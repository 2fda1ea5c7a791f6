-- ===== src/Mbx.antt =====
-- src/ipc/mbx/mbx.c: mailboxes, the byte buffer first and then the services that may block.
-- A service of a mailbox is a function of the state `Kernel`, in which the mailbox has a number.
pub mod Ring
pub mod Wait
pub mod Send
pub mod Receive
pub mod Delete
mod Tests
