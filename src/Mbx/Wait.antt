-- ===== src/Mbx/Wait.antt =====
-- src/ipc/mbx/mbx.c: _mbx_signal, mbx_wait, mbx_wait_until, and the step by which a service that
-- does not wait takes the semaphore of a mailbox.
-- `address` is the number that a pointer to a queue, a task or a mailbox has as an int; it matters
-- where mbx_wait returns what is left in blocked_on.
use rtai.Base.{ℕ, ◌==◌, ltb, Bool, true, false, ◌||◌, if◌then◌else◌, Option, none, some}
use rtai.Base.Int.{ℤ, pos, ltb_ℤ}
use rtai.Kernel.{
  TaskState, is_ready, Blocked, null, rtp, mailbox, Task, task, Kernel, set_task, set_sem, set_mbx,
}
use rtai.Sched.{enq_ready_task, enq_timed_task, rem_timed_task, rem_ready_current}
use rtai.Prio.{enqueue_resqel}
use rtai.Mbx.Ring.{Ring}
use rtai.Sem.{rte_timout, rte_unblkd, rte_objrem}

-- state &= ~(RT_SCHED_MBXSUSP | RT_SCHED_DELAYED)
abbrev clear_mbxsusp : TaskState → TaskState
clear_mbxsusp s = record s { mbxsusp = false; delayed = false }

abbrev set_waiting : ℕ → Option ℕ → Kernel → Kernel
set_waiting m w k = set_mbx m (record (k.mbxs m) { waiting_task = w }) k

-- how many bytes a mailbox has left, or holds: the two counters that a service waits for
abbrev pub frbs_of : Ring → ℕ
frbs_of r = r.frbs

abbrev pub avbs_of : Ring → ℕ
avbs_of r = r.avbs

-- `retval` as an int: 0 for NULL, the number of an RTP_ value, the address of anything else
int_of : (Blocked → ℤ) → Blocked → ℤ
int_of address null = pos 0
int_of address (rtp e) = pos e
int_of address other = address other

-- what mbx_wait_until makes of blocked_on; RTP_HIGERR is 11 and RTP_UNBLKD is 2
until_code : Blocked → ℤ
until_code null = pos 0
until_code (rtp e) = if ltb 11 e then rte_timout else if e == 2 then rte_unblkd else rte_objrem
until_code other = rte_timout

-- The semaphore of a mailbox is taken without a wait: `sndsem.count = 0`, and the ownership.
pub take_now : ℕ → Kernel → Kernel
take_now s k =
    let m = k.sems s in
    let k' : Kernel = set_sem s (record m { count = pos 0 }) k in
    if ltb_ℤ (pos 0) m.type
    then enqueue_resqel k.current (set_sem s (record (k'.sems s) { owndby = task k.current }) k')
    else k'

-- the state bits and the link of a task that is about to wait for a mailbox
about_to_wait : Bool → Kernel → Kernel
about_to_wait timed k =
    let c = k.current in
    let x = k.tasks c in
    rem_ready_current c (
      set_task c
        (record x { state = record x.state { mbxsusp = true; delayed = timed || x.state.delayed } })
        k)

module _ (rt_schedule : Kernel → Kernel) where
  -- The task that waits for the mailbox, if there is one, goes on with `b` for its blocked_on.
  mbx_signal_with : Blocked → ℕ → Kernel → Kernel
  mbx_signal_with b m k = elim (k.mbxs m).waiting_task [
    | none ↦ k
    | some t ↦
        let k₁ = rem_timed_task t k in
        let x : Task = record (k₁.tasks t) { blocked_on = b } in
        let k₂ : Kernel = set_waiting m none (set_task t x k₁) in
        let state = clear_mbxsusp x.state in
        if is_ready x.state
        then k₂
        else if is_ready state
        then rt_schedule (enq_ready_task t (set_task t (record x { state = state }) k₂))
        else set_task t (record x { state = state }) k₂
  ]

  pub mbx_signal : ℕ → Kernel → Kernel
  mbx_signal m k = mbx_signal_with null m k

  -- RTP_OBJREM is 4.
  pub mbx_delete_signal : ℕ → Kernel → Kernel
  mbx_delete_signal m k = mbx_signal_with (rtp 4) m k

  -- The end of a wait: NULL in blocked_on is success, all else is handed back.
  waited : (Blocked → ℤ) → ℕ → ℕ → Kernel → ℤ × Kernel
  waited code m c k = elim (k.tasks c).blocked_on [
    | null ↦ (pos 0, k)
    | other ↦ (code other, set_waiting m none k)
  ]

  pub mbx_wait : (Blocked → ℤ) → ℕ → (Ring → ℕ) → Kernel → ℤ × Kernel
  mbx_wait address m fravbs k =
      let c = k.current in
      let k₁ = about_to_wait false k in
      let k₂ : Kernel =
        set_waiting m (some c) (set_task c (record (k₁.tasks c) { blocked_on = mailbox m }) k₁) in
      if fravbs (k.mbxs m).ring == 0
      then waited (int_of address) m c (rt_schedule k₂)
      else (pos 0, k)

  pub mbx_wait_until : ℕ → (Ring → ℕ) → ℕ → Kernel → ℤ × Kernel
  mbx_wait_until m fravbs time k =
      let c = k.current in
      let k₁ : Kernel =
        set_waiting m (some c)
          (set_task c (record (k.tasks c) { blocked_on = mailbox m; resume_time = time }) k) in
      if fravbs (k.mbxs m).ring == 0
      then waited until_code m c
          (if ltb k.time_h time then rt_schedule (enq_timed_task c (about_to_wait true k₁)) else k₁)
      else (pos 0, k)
-*-*-
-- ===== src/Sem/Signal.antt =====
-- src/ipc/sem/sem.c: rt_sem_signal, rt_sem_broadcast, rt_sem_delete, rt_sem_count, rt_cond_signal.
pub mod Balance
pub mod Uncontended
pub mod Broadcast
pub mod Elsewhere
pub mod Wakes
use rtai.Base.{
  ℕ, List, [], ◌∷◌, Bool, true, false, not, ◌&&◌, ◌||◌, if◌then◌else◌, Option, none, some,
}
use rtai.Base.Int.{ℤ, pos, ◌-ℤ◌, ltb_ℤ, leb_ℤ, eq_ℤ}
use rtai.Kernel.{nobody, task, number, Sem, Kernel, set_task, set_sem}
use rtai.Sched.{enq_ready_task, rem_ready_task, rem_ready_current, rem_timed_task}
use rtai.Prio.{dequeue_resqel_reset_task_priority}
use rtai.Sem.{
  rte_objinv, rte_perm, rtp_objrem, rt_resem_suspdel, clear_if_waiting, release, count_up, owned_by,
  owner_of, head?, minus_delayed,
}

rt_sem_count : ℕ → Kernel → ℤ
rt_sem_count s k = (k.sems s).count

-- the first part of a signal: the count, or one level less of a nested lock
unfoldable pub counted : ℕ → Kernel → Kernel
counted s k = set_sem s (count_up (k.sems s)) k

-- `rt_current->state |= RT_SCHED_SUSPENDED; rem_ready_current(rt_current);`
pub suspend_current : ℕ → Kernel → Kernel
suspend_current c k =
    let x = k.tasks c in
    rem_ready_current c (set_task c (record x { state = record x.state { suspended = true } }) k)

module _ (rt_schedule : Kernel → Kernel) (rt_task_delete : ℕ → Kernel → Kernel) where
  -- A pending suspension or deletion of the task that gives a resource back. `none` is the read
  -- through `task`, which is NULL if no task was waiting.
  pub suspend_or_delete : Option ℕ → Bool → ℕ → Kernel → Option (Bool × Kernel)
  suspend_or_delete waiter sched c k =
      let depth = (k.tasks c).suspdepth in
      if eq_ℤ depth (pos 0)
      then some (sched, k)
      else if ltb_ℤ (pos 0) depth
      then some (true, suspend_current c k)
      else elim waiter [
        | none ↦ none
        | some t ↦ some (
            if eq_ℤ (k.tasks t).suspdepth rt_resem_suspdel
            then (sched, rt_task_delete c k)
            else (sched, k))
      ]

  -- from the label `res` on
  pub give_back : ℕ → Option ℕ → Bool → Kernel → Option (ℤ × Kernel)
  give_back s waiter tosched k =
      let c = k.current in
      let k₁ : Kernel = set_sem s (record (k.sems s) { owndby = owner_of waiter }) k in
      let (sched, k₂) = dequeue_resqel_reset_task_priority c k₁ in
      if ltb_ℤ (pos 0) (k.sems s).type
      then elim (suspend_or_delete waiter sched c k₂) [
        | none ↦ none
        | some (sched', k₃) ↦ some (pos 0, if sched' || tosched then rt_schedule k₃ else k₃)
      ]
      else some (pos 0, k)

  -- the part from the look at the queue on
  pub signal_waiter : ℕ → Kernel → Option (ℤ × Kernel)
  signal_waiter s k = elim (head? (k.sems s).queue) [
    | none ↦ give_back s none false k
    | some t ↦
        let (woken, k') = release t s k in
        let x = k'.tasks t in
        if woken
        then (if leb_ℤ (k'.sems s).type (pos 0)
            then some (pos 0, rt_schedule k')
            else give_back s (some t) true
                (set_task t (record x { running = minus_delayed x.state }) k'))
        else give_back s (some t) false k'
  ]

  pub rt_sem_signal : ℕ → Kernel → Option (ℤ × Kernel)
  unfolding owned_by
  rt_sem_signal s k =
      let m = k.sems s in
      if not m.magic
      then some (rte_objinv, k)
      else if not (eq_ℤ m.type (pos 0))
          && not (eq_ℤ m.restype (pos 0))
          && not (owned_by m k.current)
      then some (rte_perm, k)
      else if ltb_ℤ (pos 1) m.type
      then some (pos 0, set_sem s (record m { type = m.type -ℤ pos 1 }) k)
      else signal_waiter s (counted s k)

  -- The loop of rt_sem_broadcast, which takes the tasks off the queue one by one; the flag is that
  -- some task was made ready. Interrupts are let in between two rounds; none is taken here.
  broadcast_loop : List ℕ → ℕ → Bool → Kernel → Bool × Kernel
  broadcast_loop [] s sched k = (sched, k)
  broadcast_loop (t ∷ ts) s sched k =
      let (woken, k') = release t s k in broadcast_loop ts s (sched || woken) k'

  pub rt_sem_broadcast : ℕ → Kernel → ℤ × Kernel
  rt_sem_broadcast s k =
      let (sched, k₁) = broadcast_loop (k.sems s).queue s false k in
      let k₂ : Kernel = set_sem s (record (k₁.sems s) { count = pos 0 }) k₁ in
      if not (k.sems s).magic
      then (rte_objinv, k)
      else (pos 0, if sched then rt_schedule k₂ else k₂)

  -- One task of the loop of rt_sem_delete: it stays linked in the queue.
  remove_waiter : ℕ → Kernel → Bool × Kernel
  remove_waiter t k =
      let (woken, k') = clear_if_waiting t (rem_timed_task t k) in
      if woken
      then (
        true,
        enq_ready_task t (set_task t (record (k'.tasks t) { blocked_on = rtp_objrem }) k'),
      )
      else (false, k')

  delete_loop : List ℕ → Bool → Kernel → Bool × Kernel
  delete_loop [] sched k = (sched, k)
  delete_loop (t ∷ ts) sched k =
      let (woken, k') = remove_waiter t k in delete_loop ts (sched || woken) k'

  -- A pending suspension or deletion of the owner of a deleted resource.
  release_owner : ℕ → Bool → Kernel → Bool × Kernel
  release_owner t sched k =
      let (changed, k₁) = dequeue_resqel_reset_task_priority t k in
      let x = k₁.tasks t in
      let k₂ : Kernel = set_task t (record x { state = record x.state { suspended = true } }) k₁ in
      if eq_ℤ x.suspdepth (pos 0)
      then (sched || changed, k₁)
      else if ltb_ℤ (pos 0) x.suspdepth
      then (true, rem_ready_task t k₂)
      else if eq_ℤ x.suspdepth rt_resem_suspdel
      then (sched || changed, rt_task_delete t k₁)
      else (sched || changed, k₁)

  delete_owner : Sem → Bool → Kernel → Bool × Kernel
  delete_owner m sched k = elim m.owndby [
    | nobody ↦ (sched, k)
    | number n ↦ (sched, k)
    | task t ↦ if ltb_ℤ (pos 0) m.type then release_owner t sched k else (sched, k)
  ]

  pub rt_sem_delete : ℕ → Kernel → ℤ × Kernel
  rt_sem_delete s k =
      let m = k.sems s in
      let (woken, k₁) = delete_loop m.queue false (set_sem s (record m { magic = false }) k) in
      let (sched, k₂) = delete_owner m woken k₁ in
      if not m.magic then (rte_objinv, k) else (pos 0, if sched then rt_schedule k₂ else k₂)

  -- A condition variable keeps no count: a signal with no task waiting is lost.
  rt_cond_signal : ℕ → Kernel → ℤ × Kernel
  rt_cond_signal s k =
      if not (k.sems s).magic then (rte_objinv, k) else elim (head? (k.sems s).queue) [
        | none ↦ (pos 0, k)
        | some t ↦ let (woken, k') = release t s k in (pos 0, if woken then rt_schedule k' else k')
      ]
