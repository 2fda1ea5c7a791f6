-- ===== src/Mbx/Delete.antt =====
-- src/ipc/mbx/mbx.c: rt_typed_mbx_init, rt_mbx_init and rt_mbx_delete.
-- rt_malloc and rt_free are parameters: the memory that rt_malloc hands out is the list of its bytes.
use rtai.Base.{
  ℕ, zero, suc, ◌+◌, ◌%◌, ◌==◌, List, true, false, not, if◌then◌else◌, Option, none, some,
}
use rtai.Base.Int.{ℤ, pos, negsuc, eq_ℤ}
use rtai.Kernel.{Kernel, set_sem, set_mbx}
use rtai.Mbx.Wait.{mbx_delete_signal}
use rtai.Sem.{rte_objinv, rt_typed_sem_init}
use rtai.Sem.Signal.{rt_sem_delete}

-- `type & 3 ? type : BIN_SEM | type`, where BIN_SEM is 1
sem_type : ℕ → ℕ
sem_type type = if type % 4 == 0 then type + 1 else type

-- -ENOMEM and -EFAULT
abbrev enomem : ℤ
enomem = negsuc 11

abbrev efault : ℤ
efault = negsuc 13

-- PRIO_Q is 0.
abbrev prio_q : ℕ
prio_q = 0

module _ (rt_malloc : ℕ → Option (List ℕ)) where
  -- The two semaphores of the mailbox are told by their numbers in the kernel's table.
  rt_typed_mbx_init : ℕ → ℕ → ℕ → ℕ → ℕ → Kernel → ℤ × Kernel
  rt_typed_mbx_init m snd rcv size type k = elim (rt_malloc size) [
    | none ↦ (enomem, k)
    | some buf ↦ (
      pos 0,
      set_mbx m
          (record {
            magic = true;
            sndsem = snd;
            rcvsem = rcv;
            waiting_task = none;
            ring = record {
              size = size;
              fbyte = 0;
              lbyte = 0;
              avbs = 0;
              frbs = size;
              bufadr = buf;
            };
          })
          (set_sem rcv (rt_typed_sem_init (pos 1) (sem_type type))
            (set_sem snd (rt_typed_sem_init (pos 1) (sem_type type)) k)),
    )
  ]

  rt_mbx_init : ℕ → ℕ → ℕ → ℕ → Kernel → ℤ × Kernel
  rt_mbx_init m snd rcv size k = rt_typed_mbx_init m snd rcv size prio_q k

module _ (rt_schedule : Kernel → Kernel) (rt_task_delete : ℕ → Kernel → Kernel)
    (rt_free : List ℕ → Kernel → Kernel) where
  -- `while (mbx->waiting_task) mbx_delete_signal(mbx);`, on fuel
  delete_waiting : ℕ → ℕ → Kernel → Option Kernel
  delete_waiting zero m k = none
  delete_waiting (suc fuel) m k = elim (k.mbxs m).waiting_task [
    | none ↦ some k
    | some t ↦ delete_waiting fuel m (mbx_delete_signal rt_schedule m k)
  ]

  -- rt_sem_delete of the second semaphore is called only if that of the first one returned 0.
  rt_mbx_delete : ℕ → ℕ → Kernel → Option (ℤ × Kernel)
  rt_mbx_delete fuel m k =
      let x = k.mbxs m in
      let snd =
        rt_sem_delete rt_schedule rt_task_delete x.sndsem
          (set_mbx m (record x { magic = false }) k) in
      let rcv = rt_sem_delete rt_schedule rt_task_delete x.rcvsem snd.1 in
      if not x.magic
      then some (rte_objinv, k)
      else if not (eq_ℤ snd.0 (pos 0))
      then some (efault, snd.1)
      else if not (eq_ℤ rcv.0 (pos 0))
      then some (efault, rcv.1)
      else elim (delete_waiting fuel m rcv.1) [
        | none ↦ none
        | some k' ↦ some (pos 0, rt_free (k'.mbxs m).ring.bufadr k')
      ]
-*-*-
Among the entries above, the line containing "k₃ else k₃)", the line containing "(owned_by m k.current)", and all lines between them are to be restated word for word; nothing else belongs in the reply.

▶ **REPLY TO THE TASK**
        | some (sched', k₃) ↦ some (pos 0, if sched' || tosched then rt_schedule k₃ else k₃)
      ]
      else some (pos 0, k)

  -- the part from the look at the queue on
  pub signal_waiter : ℕ → Kernel → Option (ℤ × Kernel)
  signal_waiter s k = elim (head? (k.sems s).queue) [
    | none ↦ give_back s none false k
    | some t ↦
        let (woken, k') = release t s k in
        let x = k'.tasks t in
        if woken
        then (if leb_ℤ (k'.sems s).type (pos 0)
            then some (pos 0, rt_schedule k')
            else give_back s (some t) true
                (set_task t (record x { running = minus_delayed x.state }) k'))
        else give_back s (some t) false k'
  ]

  pub rt_sem_signal : ℕ → Kernel → Option (ℤ × Kernel)
  unfolding owned_by
  rt_sem_signal s k =
      let m = k.sems s in
      if not m.magic
      then some (rte_objinv, k)
      else if not (eq_ℤ m.type (pos 0))
          && not (eq_ℤ m.restype (pos 0))
          && not (owned_by m k.current)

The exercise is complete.